Tuesday 24 April 2018

#BlogTour Dead Man's Badge by Robert E. Dunn




#BlogTour

Dead Man's Badge

by

Robert E. Dunn


Hello and welcome to my stop on the #BlogTour for Robert E. Dunn's Dead Man's Badge. This is actually my first ever #BlogTour post so a massive thank you goes to Anne Cater from Random Things Tours and the author Robert E. Dunn for the copy of this book to review.

"An all out action thriller that has you wanting more after the last page has been turned"

Blurb:

Career criminal Longview Moody, on the run from killers, assumes his dead, twin brother's identity as the new Chief of Police of a Texas town that's being terrorized by a Mexican drug cartel. To pull off the deadly deception, Longview desperately works to become the kind of cop and man that his brother was. But when the two lives he’s living converge, he’s forced to embrace the violence within him to get justice...and vengeance.  

Review:

This was the first time I had read a book by Robert E. Dunn so I went into this with an open mind. It is also the first time I have read a book that involves the Mexican/America war on drug Cartel's. When I think about it, I am not to sure why this is. I have watched plenty of movies and TV shows around this and always loved them. However after reading this, it will definitely not be my last. I loved it. From the very beginning where you have a man digging his own grave in the desert to the end where you are desperately trying to find out the answers to all the questions you have been asked during the book.

I really enjoyed the characters in this book. The lead character Longview Moody was great to follow. I found that I was kind of cheering him on through out the book as this criminal turned police chief did what he wanted and sort of made up his own police rules. He did not care who he upset whether it was the police officers that worked for him or the people at one of America's 3 letter agencies. This wall all in his quest to rid the town of some nasty people but most of all to stop the people who wanted him dead. One thing I think is brilliant when reading is where you can't trust any of the many characters, they all could be hiding something and are not who they appear to be. This gets you guessing all through the book and helps with the speed you turn the pages as you need to find out the truth. This book was one of them. At one point I thought everyone that appeared clean was dirty and those that were dirty could also be clean playing dirty.

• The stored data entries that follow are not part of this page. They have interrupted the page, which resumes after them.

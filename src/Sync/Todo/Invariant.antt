-- ===== src/Sync/Todo/Invariant.antt =====
-- The run that the loop of src/routes/sync/todo accumulates is of one kind and names distinct rows,
-- and one step of the loop keeps it so and does what its statement alone would.
use mathlib.Core.List.{map-append}
use teddy_fyi_api_rust.Prelude.{
  ℕ, ◌≤◌, ◌<◌, ◌≡◌, refl, sym, ap, ◌∙◌, String, Bool, false, Option, none, some, List, [], ◌∷◌,
  ◌++◌, ◌||◌, str_eq, arith, length, length-append,
}
use teddy_fyi_api_rust.Prelude.Int.{ℤ, pos}
use teddy_fyi_api_rust.Errors.{◌>>=◌, committed}
use teddy_fyi_api_rust.Sync.Types.{synced}
use teddy_fyi_api_rust.Sync.Batching.{needs_flush, record_write}
use teddy_fyi_api_rust.Sync.Todo.Table.{Upsert, Request, contains, has_repeat}
use teddy_fyi_api_rust.Sync.Todo.Pending.{Pending, del_ids}
use teddy_fyi_api_rust.Sync.Todo.Decide.{
  WriteKind, upsert, version_bump, delete_kind, same_kind, Write, put, bump, remove, kind_of,
  target, Action, write,
}
use teddy_fyi_api_rust.Sync.Todo.Process.{Batch, push, settle}
use teddy_fyi_api_rust.Sync.Todo.OneByOne.{perform_now}
use teddy_fyi_api_rust.Sync.Todo.Runs.{contains-append, has_repeat-append, Below}
use teddy_fyi_api_rust.Sync.Todo.Batched.{
  up_ids, only_ups, only_bumps, only_dels, settle-put, settle-bump, settle-remove,
}

module _ {C : Type 0} where
  -- What is pending, by the kind of the run: rows of that kind alone, whose ids the tracker holds.
  abbrev pub Fits : Option WriteKind → Pending C → (String → Bool) → Type 0
  Fits none p ids = (p ≡ only_ups []) × ((j : String) → ids j ≡ false)
  Fits (some upsert) p ids =
      (us : List (Upsert C)) × (p ≡ only_ups us)
      × (has_repeat (up_ids us) ≡ false)
      × ((j : String) → ids j ≡ contains (up_ids us) j)
  Fits (some version_bump) p ids = (bs : List (String × ℤ)) × (p ≡ only_bumps bs)
  Fits (some delete_kind) p ids =
      (ds : List (String × ℕ)) × (p ≡ only_dels ds)
      × ((j : String) → ids j ≡ contains (del_ids ds) j)

  pub record IsRun (b : Batch C) : Type 0 where
    pub fits : Fits b.runs.kind b.pending b.runs.ids
    pub placed : Below (length b.upload_status) b.pending.dels

pub Below-mono : (m n : ℕ) (ds : List (String × ℕ)) → m ≤ n → Below m ds → Below n ds
Below-mono m n [] h b = tt
Below-mono m n ((id, i) ∷ ds) h b = (omega arith, Below-mono m n ds h b.1)

Below-append :
    (n : ℕ) (ds : List (String × ℕ)) (id : String) (i : ℕ)
    → Below n ds
    → i < n
    → Below n (ds ++ (id, i) ∷ [])
Below-append n [] id i b h = (h, tt)
Below-append n ((d, k) ∷ ds) id i b h = (b.0, Below-append n ds id i b.1 h)

-- One more id, at the end of the run and in the tracker.
tracks-append :
    (ids : String → Bool) (xs : List String) (x j : String)
    → ids j ≡ contains xs j
    → (str_eq j x || ids j) ≡ contains (xs ++ x ∷ []) j
tracks-append ids xs x j h = ground (arith, contains-append xs x j)

module _ {C : Type 0} (req : Request C) where
  push-put :
      (b : Batch C) (us : List (Upsert C)) (change_id : String) (u : Upsert C)
      → IsRun b
      → b.pending ≡ only_ups us
      → has_repeat (up_ids us) ≡ false
      → ((j : String) → b.runs.ids j ≡ contains (up_ids us) j)
      → contains (up_ids us) u.id ≡ false
      → IsRun (push req b change_id (put u))
  unfolding push record_write
  push-put b us change_id u v e h k f = record {
    fits = (
      us ++ u ∷ [],
      rw e,
      rw map-append (has_repeat-append (up_ids us) u.id h f),
      λ j. rw map-append (tracks-append b.runs.ids (up_ids us) u.id j (k j)),
    );
    placed = rw e tt;
  }

  push-bump :
      (b : Batch C) (bs : List (String × ℤ)) (change_id id : String) (version : ℤ)
      → b.pending ≡ only_bumps bs
      → IsRun (push req b change_id (bump id version))
  unfolding push record_write
  push-bump b bs change_id id version e = record {
    fits = (bs ++ (id, version) ∷ [], rw e);
    placed = rw e tt;
  }

  push-remove :
      (b : Batch C) (ds : List (String × ℕ)) (change_id id : String)
      → IsRun b
      → b.pending ≡ only_dels ds
      → ((j : String) → b.runs.ids j ≡ contains (del_ids ds) j)
      → IsRun (push req b change_id (remove id))
  unfolding push record_write
  push-remove b ds change_id id v e k = record {
    fits = (
      ds ++ (id, length b.upload_status) ∷ [],
      rw e,
      λ j. rw map-append (tracks-append b.runs.ids (del_ids ds) id j (k j)),
    );
    placed =
        Below-append _ b.pending.dels id (length b.upload_status)
          (Below-mono (length b.upload_status) _ b.pending.dels
            (omega (arith, length-append b.upload_status (synced change_id (pos 0) ∷ []))) v.placed)
          (omega (arith, length-append b.upload_status (synced change_id (pos 0) ∷ [])));
  }

  -- What a step owes: the run stays a run, and to end it then is to end it before and go on.
  abbrev pub Owes : Batch C → String → Action C → Batch C → Type 0
  Owes b change_id a b' =
      IsRun b'
      × (committed (settle req b')
          ≡ committed (settle req b >>= λ o. perform_now req o change_id a))

  -- A write that needs no flush joins the run.
  pub push_joins :
      (b : Batch C) (k : Option WriteKind) (change_id : String) (w : Write C)
      → IsRun b
      → b.runs.kind ≡ k
      → Fits k b.pending b.runs.ids
      → needs_flush same_kind (record (b.runs) { kind = k }) (kind_of w) (target w) ≡ false
      → Owes b change_id (write w) (push req b change_id w)
  unfolding needs_flush same_kind kind_of target contains has_repeat
  push_joins b none change_id (put u) v e (p, k) h =
      (push-put b [] change_id u v p refl k refl, settle-put req b [] change_id u p refl refl)
  push_joins b none change_id (bump id version) v e (p, k) h =
      (push-bump b [] change_id id version p, settle-bump req b [] change_id id version p)
  push_joins b none change_id (remove id) v e (p, k) h =
      (push-remove b [] change_id id v p k, settle-remove req b [] change_id id p tt refl)
  push_joins b (some upsert) change_id (put u) v e (us, p, r, k) h =
      let out : contains (up_ids us) u.id ≡ false = sym (k u.id) ∙ h in
      (push-put b us change_id u v p r k out, settle-put req b us change_id u p r out)
  push_joins b (some version_bump) change_id (bump id version) v e (bs, p) h =
      (push-bump b bs change_id id version p, settle-bump req b bs change_id id version p)
  push_joins b (some delete_kind) change_id (remove id) v e (ds, p, k) h =
      let placed : Below (length b.upload_status) ds =
        rw (ap (λ (q : Pending C). q.dels) p) at (v.placed) in
      (
        push-remove b ds change_id id v p k,
        settle-remove req b ds change_id id p placed (sym (k id) ∙ h),
      )
  push_joins b (some upsert) change_id (bump id version) v e f h = cc
  push_joins b (some upsert) change_id (remove id) v e f h = cc
  push_joins b (some version_bump) change_id (put u) v e f h = cc
  push_joins b (some version_bump) change_id (remove id) v e f h = cc
  push_joins b (some delete_kind) change_id (put u) v e f h = cc
  push_joins b (some delete_kind) change_id (bump id version) v e f h = cc
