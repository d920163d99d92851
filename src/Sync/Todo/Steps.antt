-- ===== src/Sync/Todo/Steps.antt =====
-- What a step of the loop of src/routes/sync/todo owes the run that it finds: to end the run after the
-- step is to end it before, and to issue the step's statement by itself.
use teddy_fyi_api_rust.Prelude.{
  ◌≡◌, refl, ap, ◌∙◌, String, false, none, List, [], ◌∷◌, ◌++◌, ◌⊎◌, arith, length, Bool-cases, inl,
  inr, length-append,
}
use teddy_fyi_api_rust.Prelude.Int.{ℤ}
use teddy_fyi_api_rust.Errors.{AppError, Result, ok, err, ◌>>=◌, committed}
use teddy_fyi_api_rust.Sync.Types.{SuccessResult, synced}
use teddy_fyi_api_rust.Sync.Batching.{empty_run, needs_flush, clear, empty_run}
use teddy_fyi_api_rust.Sync.Todo.Table.{
  Table, Request, soft_delete, insert_on_conflict, bump_rows, deleted_version, Row,
}
use teddy_fyi_api_rust.Sync.Todo.Pending.{Pending, empty_pending, patch_status, del_ids, flush}
use teddy_fyi_api_rust.Sync.Todo.Decide.{
  same_kind, Write, kind_of, target, Action, nothing, echo, acknowledge, write,
}
use teddy_fyi_api_rust.Sync.Todo.Process.{Batch, flush_run, push, buffer, perform, settle, start}
use teddy_fyi_api_rust.Sync.Todo.OneByOne.{perform_now, begin}
use teddy_fyi_api_rust.Sync.Todo.Runs.{Below, patch_status-behind}
use teddy_fyi_api_rust.Sync.Todo.Batched.{only_ups, Result-cases}
use teddy_fyi_api_rust.Sync.Todo.Invariant.{Below-mono, IsRun, Owes, push_joins}

module _ {C : Type 0} (req : Request C) where
  abbrev flushed : Batch C → Table C × List SuccessResult → Batch C
  flushed b (t, status) = record b {
    table = t;
    runs = record { kind = none; ids = λ _. false };
    pending = only_ups [];
    upload_status = status;
  }

  flush_none :
      (t : Table C) (status : List SuccessResult)
      → flush req (only_ups []) t status ≡ ok (t, status)
  unfolding flush insert_on_conflict bump_rows soft_delete patch_status
  flush_none t status = refl

  -- To end a run and to start the next is to end it.
  settle-flushed :
      (b : Batch C) (r : Table C × List SuccessResult)
      → flush req b.pending b.table b.upload_status ≡ ok r
      → settle req (flushed b r) ≡ settle req b
  unfolding settle
  settle-flushed b (t, status) h = rw (h, flush_none t status)

  -- The two ways in which a step ends: it goes on, or the run before it fails when it is ended.
  abbrev pub Stepped : Batch C → String → Action C → Result (Batch C) → Type 0
  Stepped b change_id a r =
      ((b' : Batch C) × (r ≡ ok b') × Owes req b change_id a b')
      ⊎ ((e : AppError) × (r ≡ err e) × (committed (settle req b) ≡ none))

  buffer_step :
      (b : Batch C) (change_id : String) (w : Write C)
      → IsRun b
      → Stepped b change_id (write w) (buffer req b change_id w)
  unfolding buffer flush_run clear empty_pending
  buffer_step b change_id w v =
      elim (Bool-cases (needs_flush same_kind b.runs (kind_of w) (target w))) [
        | inr joins ↦ inl (
          push req b change_id w,
          rw joins,
          push_joins req b b.runs.kind change_id w v refl v.fits joins,
        )
        | inl flushes ↦ elim (Result-cases (flush req b.pending b.table b.upload_status)) [
          | inl (r, h) ↦
              let empty : IsRun (flushed b r) = record { fits = (refl, λ j. refl); placed = tt } in
              let joined =
                push_joins req (flushed b r) none change_id w empty refl (refl, λ j. refl)
                  (unfold needs_flush in refl) in
              inl (
                push req (flushed b r) change_id w,
                rw (flushes, h),
                (
                  joined.0,
                  joined.1
                      ∙ ap (λ s. committed (s >>= λ o. perform_now req o change_id (write w)))
                          (settle-flushed b r h),
                ),
              )
          | inr (e, h) ↦ inr (e, rw (flushes, h), unfold settle in rw h)
        ]
      ]

  flush-behind :
      (p : Pending C) (t : Table C) (status : List SuccessResult) (e : SuccessResult)
      → Below (length status) p.dels
      → flush req p t (status ++ e ∷ []) ≡ (flush req p t status >>= λ r. ok (r.0, r.1 ++ e ∷ []))
  unfolding flush
  flush-behind p t status e h = elim (Result-cases (insert_on_conflict req p.ups t)) [
    | inr (x, q) ↦ rw q
    | inl (t1, q) ↦
        elim (Result-cases (soft_delete req (del_ids p.dels) (bump_rows req p.bumps t1))) [
          | inr (x, r) ↦ rw (q, r)
          | inl (t2, r) ↦ rw (
            q,
            r,
            patch_status-behind (deleted_version req (bump_rows req p.bumps t1)) p.dels status e h,
          )
        ]
  ]

  acknowledge_settles :
      (b : Batch C) (change_id : String) (version : ℤ)
      → Below (length b.upload_status) b.pending.dels
      → settle req (record b {
        success_ids = b.success_ids ++ change_id ∷ [];
        upload_status = b.upload_status ++ synced change_id version ∷ [];
      })
        ≡ (settle req b >>= λ o. perform_now req o change_id (acknowledge version))
  unfolding settle perform_now
  acknowledge_settles b change_id version h =
      rw (flush-behind b.pending b.table b.upload_status (synced change_id version) h)
        (elim (Result-cases (flush req b.pending b.table b.upload_status)) [
          | inl (r, q) ↦ rw q
          | inr (x, q) ↦ rw q
        ])

  echo_settles :
      (b : Batch C) (change_id : String) (row : Row C)
      → settle req (record b {
        success_ids = b.success_ids ++ change_id ∷ [];
        remote_changes = b.remote_changes ++ (change_id, row) ∷ [];
      })
        ≡ (settle req b >>= λ o. perform_now req o change_id (echo row))
  unfolding settle perform_now
  echo_settles b change_id row = elim (Result-cases (flush req b.pending b.table b.upload_status)) [
    | inl (r, q) ↦ rw q
    | inr (x, q) ↦ rw q
  ]

  nothing_settles :
      (b : Batch C) (change_id : String)
      → settle req b ≡ (settle req b >>= λ o. perform_now req o change_id nothing)
  unfolding perform_now
  nothing_settles b change_id = elim (Result-cases (settle req b)) [
    | inl (r, q) ↦ rw q
    | inr (x, q) ↦ rw q
  ]

  pub perform_step :
      (b : Batch C) (change_id : String) (a : Action C)
      → IsRun b
      → Stepped b change_id a (perform req b change_id a)
  unfolding perform
  perform_step b change_id nothing v =
      inl (b, refl, (v, ap committed (nothing_settles b change_id)))
  perform_step b change_id (echo row) v = inl (
    _,
    refl,
    (record { fits = v.fits; placed = v.placed }, ap committed (echo_settles b change_id row)),
  )
  perform_step b change_id (acknowledge version) v = inl (
    _,
    refl,
    (
      record {
        fits = v.fits;
        placed =
            Below-mono (length b.upload_status) _ b.pending.dels
              (omega (arith, length-append b.upload_status (synced change_id version ∷ [])))
              v.placed;
      },
      ap committed (acknowledge_settles b change_id version v.placed),
    ),
  )
  perform_step b change_id (write w) v = buffer_step b change_id w v

  pub IsRun-start : (t : Table C) → IsRun (start req t)
  unfolding start empty_run empty_pending
  IsRun-start t = record { fits = (refl, λ j. refl); placed = tt }

  pub settle-start : (t : Table C) → settle req (start req t) ≡ ok (begin req t)
  unfolding settle start begin empty_run empty_pending
  settle-start t = rw (flush_none t [])
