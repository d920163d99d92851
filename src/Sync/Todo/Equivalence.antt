-- ===== src/Sync/Todo/Equivalence.antt =====
-- The batched processors of src/routes/sync/todo against a statement for each change.
use teddy_fyi_api_rust.Prelude.{
  ◌≡◌, refl, ap, ◌∙◌, Option, none, List, [], ◌∷◌, inl, inr, String, sym, arith,
}
use teddy_fyi_api_rust.Json.{Value}
use teddy_fyi_api_rust.Errors.{AppError, Result, ok, err, ◌>>=◌, committed}
use teddy_fyi_api_rust.Sync.Types.{ChangeDelta}
use teddy_fyi_api_rust.Sync.Todo.Table.{Table, Request}
use teddy_fyi_api_rust.Sync.Todo.Decide.{Item, decide, existing_map}
use teddy_fyi_api_rust.Sync.Todo.Process.{Batch, settle, start, run_changes, process_changes}
use teddy_fyi_api_rust.Sync.Todo.OneByOne.{perform_now, one_by_one, process_one_by_one}
use teddy_fyi_api_rust.Sync.Todo.Batched.{Result-cases}
use teddy_fyi_api_rust.Sync.Todo.Invariant.{IsRun}
use teddy_fyi_api_rust.Sync.Todo.Steps.{IsRun-start, perform_step, settle-start}

committed-bind {ℓ κ} :
    {A : Type ℓ} {B : Type κ} (r s : Result A) (f : A → Result B)
    → committed r ≡ committed s
    → committed (r >>= f) ≡ committed (s >>= f)
committed-bind (ok a) (ok b) f h = ground arith
committed-bind (ok a) (err e) f h = cc
committed-bind (err e) (ok b) f h = cc
committed-bind (err e) (err e') f h = refl

>>=-assoc {ℓ κ μ} :
    {A : Type ℓ} {B : Type κ} {D : Type μ} (r : Result A) (first : A → Result B)
    (later : B → Result D)
    → ((r >>= first) >>= later) ≡ (r >>= λ x. first x >>= later)
>>=-assoc (err x) first later = refl
>>=-assoc (ok x) first later = refl

>>=-none {ℓ κ} :
    {A : Type ℓ} {B : Type κ} (r : Result A) (f : A → Result B)
    → committed r ≡ none
    → committed (r >>= f) ≡ none
>>=-none (ok a) f h = cc
>>=-none (err e) f h = refl

>>=-err {ℓ κ} :
    {A : Type ℓ} {B : Type κ} (r : Result A) (f : A → Result B) (e : AppError)
    → ((a : A) → f a ≡ err e)
    → committed (r >>= f) ≡ none
>>=-err (ok a) f e h = rw (h a)
>>=-err (err e') f e h = refl

module _ {C : Type 0} (from_value : Value → Option (Item C))
    (prepare : ChangeDelta → Item C → Item C × String) (req : Request C) where
  run_changes-settle :
      (existing : Table C) (changes : List ChangeDelta) (b : Batch C)
      → IsRun b
      → committed (run_changes from_value prepare req existing changes b)
        ≡ committed (settle req b >>= λ o. one_by_one from_value prepare req existing changes o)
  unfolding run_changes one_by_one
  run_changes-settle existing [] b v = elim (Result-cases (settle req b)) [
    | inl (o, q) ↦ rw q
    | inr (x, q) ↦ rw q
  ]
  run_changes-settle existing (change ∷ changes) b v =
      elim (Result-cases (decide from_value prepare req.user_id existing change)) [
        | inr (x, q) ↦ rw q (sym (>>=-err (settle req b) _ x (λ o. refl)))
        | inl (a, q) ↦ elim (perform_step req b change.id a v) [
          | inr (x, p, n) ↦ rw (q, p) (sym (>>=-none (settle req b) _ n))
          | inl (b', p, (v', m)) ↦
              rw (q, p)
                (run_changes-settle existing changes b' v'
                  ∙ committed-bind (settle req b')
                      (settle req b >>= λ o. perform_now req o change.id a)
                      (λ o. one_by_one from_value prepare req existing changes o) m
                  ∙ ap committed (>>=-assoc (settle req b) _ _))
        ]
      ]

  -- The batched loop leaves what it would leave if every change's write were a statement of its own,
  -- issued at once: the same table, success ids, statuses in the same order with the same versions,
  -- and echoed rows; and it fails exactly when that loop does. (Which error a failing request
  -- reports, when there are several, is not compared.)
  pub process_changes_one_by_one :
      (changes : List ChangeDelta) (t : Table C)
      → committed (process_changes from_value prepare req changes t)
        ≡ committed (process_one_by_one from_value prepare req changes t)
  unfolding process_changes process_one_by_one
  process_changes_one_by_one changes t =
      run_changes-settle (existing_map changes t) changes (start req t) (IsRun-start req t)
      ∙ ap
          (λ r.
            committed
              (r >>= λ o. one_by_one from_value prepare req (existing_map changes t) changes o))
          (settle-start req t)
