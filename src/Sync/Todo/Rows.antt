-- ===== src/Sync/Todo/Rows.antt =====
-- What a batch of changes can do to the rows of a todo table (src/routes/sync/todo/todo_lists.rs,
-- todo_items.rs), where each payload carries the id of its change.
use teddy_fyi_api_rust.Prelude.{
  ◌≡◌, ◌≢◌, String, false, Option, some, List, [], ◌∷◌, inl, inr, str_eq, str_eq_iff, arith,
  Option-cases,
}
use teddy_fyi_api_rust.Prelude.Int.{ℤ}
use teddy_fyi_api_rust.Json.{Value}
use teddy_fyi_api_rust.Errors.{ok}
use teddy_fyi_api_rust.Sync.Types.{ChangeDelta}
use teddy_fyi_api_rust.Sync.Todo.Table.{
  Row, Table, Request, insert_on_conflict, bump_row, soft_delete,
}
use teddy_fyi_api_rust.Sync.Todo.Decide.{
  Item, Write, put, bump, remove, target, write, owns, existing_map, decide, decide_write,
  decide_delete, decide_upsert, decide_bump, decide_need_update, next_version, has_no_data,
}
use teddy_fyi_api_rust.Sync.Todo.OneByOne.{write_now}

abbrev pub AllChanges : (ChangeDelta → Type 0) → List ChangeDelta → Type 0
AllChanges P [] = Unit {0}
AllChanges P (c ∷ cs) = P c × AllChanges P cs

pub AllChanges-map :
    (P Q : ChangeDelta → Type 0) (cs : List ChangeDelta)
    → ((c : ChangeDelta) → P c → Q c)
    → AllChanges P cs
    → AllChanges Q cs
AllChanges-map P Q [] f a = tt
AllChanges-map P Q (c ∷ cs) f a = (f c a.0, AllChanges-map P Q cs f a.1)

-- Every change finds the row that the table held for it when the loop began.
pub existing_map-agrees :
    {C : Type 0} (cs : List ChangeDelta) (t : Table C)
    → AllChanges (λ c. existing_map cs t c.id ≡ t c.id) cs
unfolding existing_map
existing_map-agrees [] t = tt
existing_map-agrees (c ∷ cs) t = (
  ground (arith, str_eq_iff c.id c.id),
  AllChanges-map _ _ cs (λ d h. ground arith) (existing_map-agrees cs t),
)

module _ {C : Type 0} (req : Request C) where
  -- A statement touches the row that it names.
  pub write_now_other :
      (w : Write C) (t t' : Table C) (v : ℤ) (j : String)
      → str_eq j (target w) ≡ false
      → write_now req w t ≡ ok (t', v)
      → t' j ≡ t j
  unfolding write_now target insert_on_conflict bump_row soft_delete
  write_now_other (put u) t t' v j h e = ground arith
  write_now_other (bump id version) t t' v j h e = ground arith
  write_now_other (remove id) t t' v j h e = ground arith

module _ {C : Type 0} (from_value : Value → Option (Item C))
    (prepare : ChangeDelta → Item C → Item C × String) (user : String) where
  -- The payload, if it is one, carries the change's id.
  abbrev pub NamesItself : ChangeDelta → Type 0
  NamesItself change =
      (v : Value) (item : Item C)
      → change.payload ≡ some v
      → from_value v ≡ some item
      → (prepare change item).0.id ≡ change.id

  decide_upsert-target :
      (change : ChangeDelta) (old : Option (Row C)) (item : Item C) (w : Write C)
      → (prepare change item).0.id ≡ change.id
      → decide_upsert from_value prepare user change old (some item) ≡ ok (write w)
      → target w ≡ change.id
  unfolding decide_upsert target
  decide_upsert-target change old item w h e = ground arith

  decide_write-target :
      (change : ChangeDelta) (old : Option (Row C)) (w : Write C)
      → NamesItself change
      → decide_write from_value prepare user change old ≡ ok (write w)
      → target w ≡ change.id
  unfolding decide_write decide_upsert decide_bump decide_need_update has_no_data target
  decide_write-target change old w h e = elim (Option-cases change.payload) [
    | inl q ↦ ground arith
    | inr (v, q) ↦ elim (Option-cases (from_value v)) [
      | inl p ↦ ground arith
      | inr (item, p) ↦ ground (arith, h v item q p)
    ]
  ]

  pub decide-target :
      (existing : Table C) (change : ChangeDelta) (w : Write C)
      → NamesItself change
      → decide from_value prepare user existing change ≡ ok (write w)
      → target w ≡ change.id
  unfolding decide decide_delete target
  decide-target existing change w h e =
      ground (arith, decide_write-target change (existing change.id) w h)

  pub decide_foreign :
      (existing : Table C) (change : ChangeDelta) (r : Row C) (w : Write C)
      → existing change.id ≡ some r
      → owns user r ≡ false
      → decide from_value prepare user existing change ≢ ok (write w)
  unfolding decide decide_write decide_delete decide_upsert decide_bump decide_need_update
      next_version
  decide_foreign existing change r w h f e = ground arith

This book has lots of violence in it so I would probably not recommend this to children/teenagers or if you are easily offended by this. But, if you are not put off by that, I would fully recommend this book. The locations, the characters, the action and the deceit along with the really exciting storyline make this a fantastic read. As mentioned above this is my first novel by Robert E. Dunn that I have read, but I will be treating myself to some more come pay day.

Check it out on Amazon UK - 

About the Author:


I wasn't born in a log cabin but the station wagon did have wood on the side. It was broken down on the approach road into Ft. Rucker, Alabama in the kind of rain that would have made a Biblical author jealous. You never saw a tornado in the Old Testament did you? As omens of a coming life go, mine was full of portent if not exactly glad tidings.

From there things got interesting. Life on a series of Army bases encouraged my retreat into a fantasy world. Life in a series of public school environments provided ample nourishment to my developing love of violence. Often heard in my home was the singular phrase, "I blame the schools." We all blamed the schools.

Both my fantasy and my academic worlds left marks and the amalgam proved useful the three times in my life I had guns pointed in my face. Despite those loving encounters the only real scars left on my body were inflicted by a six foot, seven inch tall drag queen. She didn't like the way I was admiring the play of three a.m. Waffle House fluorescent light over the high spandex sheen of her stockings.

After a series of low paying jobs that took me places no one dreams of going. I learned one thing. Nothing vomits quite so brutally as jail food. That's not the one thing I learned; it's an important thing to know, though. The one thing I learned is a secret. My secret. A terrible and dark thing I nurture in my nightmares. You learn your own lessons.

Eventually I began writing stories. Mostly I was just spilling out the, basically, true narratives of the creatures that lounge about my brain, laughing and whispering sweet, sweet things to say to women. Women see through me but enjoy the monsters in my head. They say, sometimes, that the things I say and write are lies or, "damn, filthy lies, slander of the worst kind, and the demented, perverted, wishful stories of a wasted mind." To which I always answer, I tell only the truth. I just tell a livelier truth than most people.